Please print every record below exactly as it appears.

::::

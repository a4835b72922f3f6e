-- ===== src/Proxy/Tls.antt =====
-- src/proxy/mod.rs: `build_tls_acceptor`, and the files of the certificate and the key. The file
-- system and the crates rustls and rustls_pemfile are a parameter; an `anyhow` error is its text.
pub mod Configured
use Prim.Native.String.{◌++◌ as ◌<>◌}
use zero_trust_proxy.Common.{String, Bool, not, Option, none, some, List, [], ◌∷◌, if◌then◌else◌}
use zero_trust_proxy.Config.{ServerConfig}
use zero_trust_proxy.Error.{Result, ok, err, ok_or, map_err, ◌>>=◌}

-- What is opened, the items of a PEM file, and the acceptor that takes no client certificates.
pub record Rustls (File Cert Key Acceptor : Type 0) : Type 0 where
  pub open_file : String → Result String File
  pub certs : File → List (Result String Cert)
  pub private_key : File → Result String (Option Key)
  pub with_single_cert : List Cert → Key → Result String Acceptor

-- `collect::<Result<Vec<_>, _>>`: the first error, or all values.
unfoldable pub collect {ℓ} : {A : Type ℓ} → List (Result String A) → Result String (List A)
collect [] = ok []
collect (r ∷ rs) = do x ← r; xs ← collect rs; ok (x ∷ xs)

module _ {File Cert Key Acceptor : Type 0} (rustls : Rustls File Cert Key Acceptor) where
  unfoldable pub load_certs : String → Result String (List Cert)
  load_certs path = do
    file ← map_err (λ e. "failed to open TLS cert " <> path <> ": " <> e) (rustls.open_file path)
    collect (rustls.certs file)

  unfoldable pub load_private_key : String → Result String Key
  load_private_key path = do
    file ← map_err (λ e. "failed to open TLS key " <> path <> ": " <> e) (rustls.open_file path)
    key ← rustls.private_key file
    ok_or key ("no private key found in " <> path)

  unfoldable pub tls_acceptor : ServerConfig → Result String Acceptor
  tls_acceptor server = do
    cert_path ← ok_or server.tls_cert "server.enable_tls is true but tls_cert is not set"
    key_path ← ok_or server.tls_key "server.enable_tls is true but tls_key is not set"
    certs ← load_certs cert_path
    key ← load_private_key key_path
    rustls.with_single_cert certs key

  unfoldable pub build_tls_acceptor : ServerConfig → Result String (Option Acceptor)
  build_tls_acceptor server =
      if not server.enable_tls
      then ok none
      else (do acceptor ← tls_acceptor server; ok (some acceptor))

::::

◆ **Solution for this problem**
repository a4835b72922f3f6e
-- ===== src/Proxy/Tls.antt =====
-- src/proxy/mod.rs: `build_tls_acceptor`, and the files of the certificate and the key. The file
-- system and the crates rustls and rustls_pemfile are a parameter; an `anyhow` error is its text.
pub mod Configured
use Prim.Native.String.{◌++◌ as ◌<>◌}
use zero_trust_proxy.Common.{String, Bool, not, Option, none, some, List, [], ◌∷◌, if◌then◌else◌}
use zero_trust_proxy.Config.{ServerConfig}
use zero_trust_proxy.Error.{Result, ok, err, ok_or, map_err, ◌>>=◌}

-- What is opened, the items of a PEM file, and the acceptor that takes no client certificates.
pub record Rustls (File Cert Key Acceptor : Type 0) : Type 0 where
  pub open_file : String → Result String File
  pub certs : File → List (Result String Cert)
  pub private_key : File → Result String (Option Key)
  pub with_single_cert : List Cert → Key → Result String Acceptor

-- `collect::<Result<Vec<_>, _>>`: the first error, or all values.
unfoldable pub collect {ℓ} : {A : Type ℓ} → List (Result String A) → Result String (List A)
collect [] = ok []
collect (r ∷ rs) = do x ← r; xs ← collect rs; ok (x ∷ xs)

module _ {File Cert Key Acceptor : Type 0} (rustls : Rustls File Cert Key Acceptor) where
  unfoldable pub load_certs : String → Result String (List Cert)
  load_certs path = do
    file ← map_err (λ e. "failed to open TLS cert " <> path <> ": " <> e) (rustls.open_file path)
    collect (rustls.certs file)

  unfoldable pub load_private_key : String → Result String Key
  load_private_key path = do
    file ← map_err (λ e. "failed to open TLS key " <> path <> ": " <> e) (rustls.open_file path)
    key ← rustls.private_key file
    ok_or key ("no private key found in " <> path)

  unfoldable pub tls_acceptor : ServerConfig → Result String Acceptor
  tls_acceptor server = do
    cert_path ← ok_or server.tls_cert "server.enable_tls is true but tls_cert is not set"
    key_path ← ok_or server.tls_key "server.enable_tls is true but tls_key is not set"
    certs ← load_certs cert_path
    key ← load_private_key key_path
    rustls.with_single_cert certs key

  unfoldable pub build_tls_acceptor : ServerConfig → Result String (Option Acceptor)
  build_tls_acceptor server =
      if not server.enable_tls
      then ok none
      else (do acceptor ← tls_acceptor server; ok (some acceptor))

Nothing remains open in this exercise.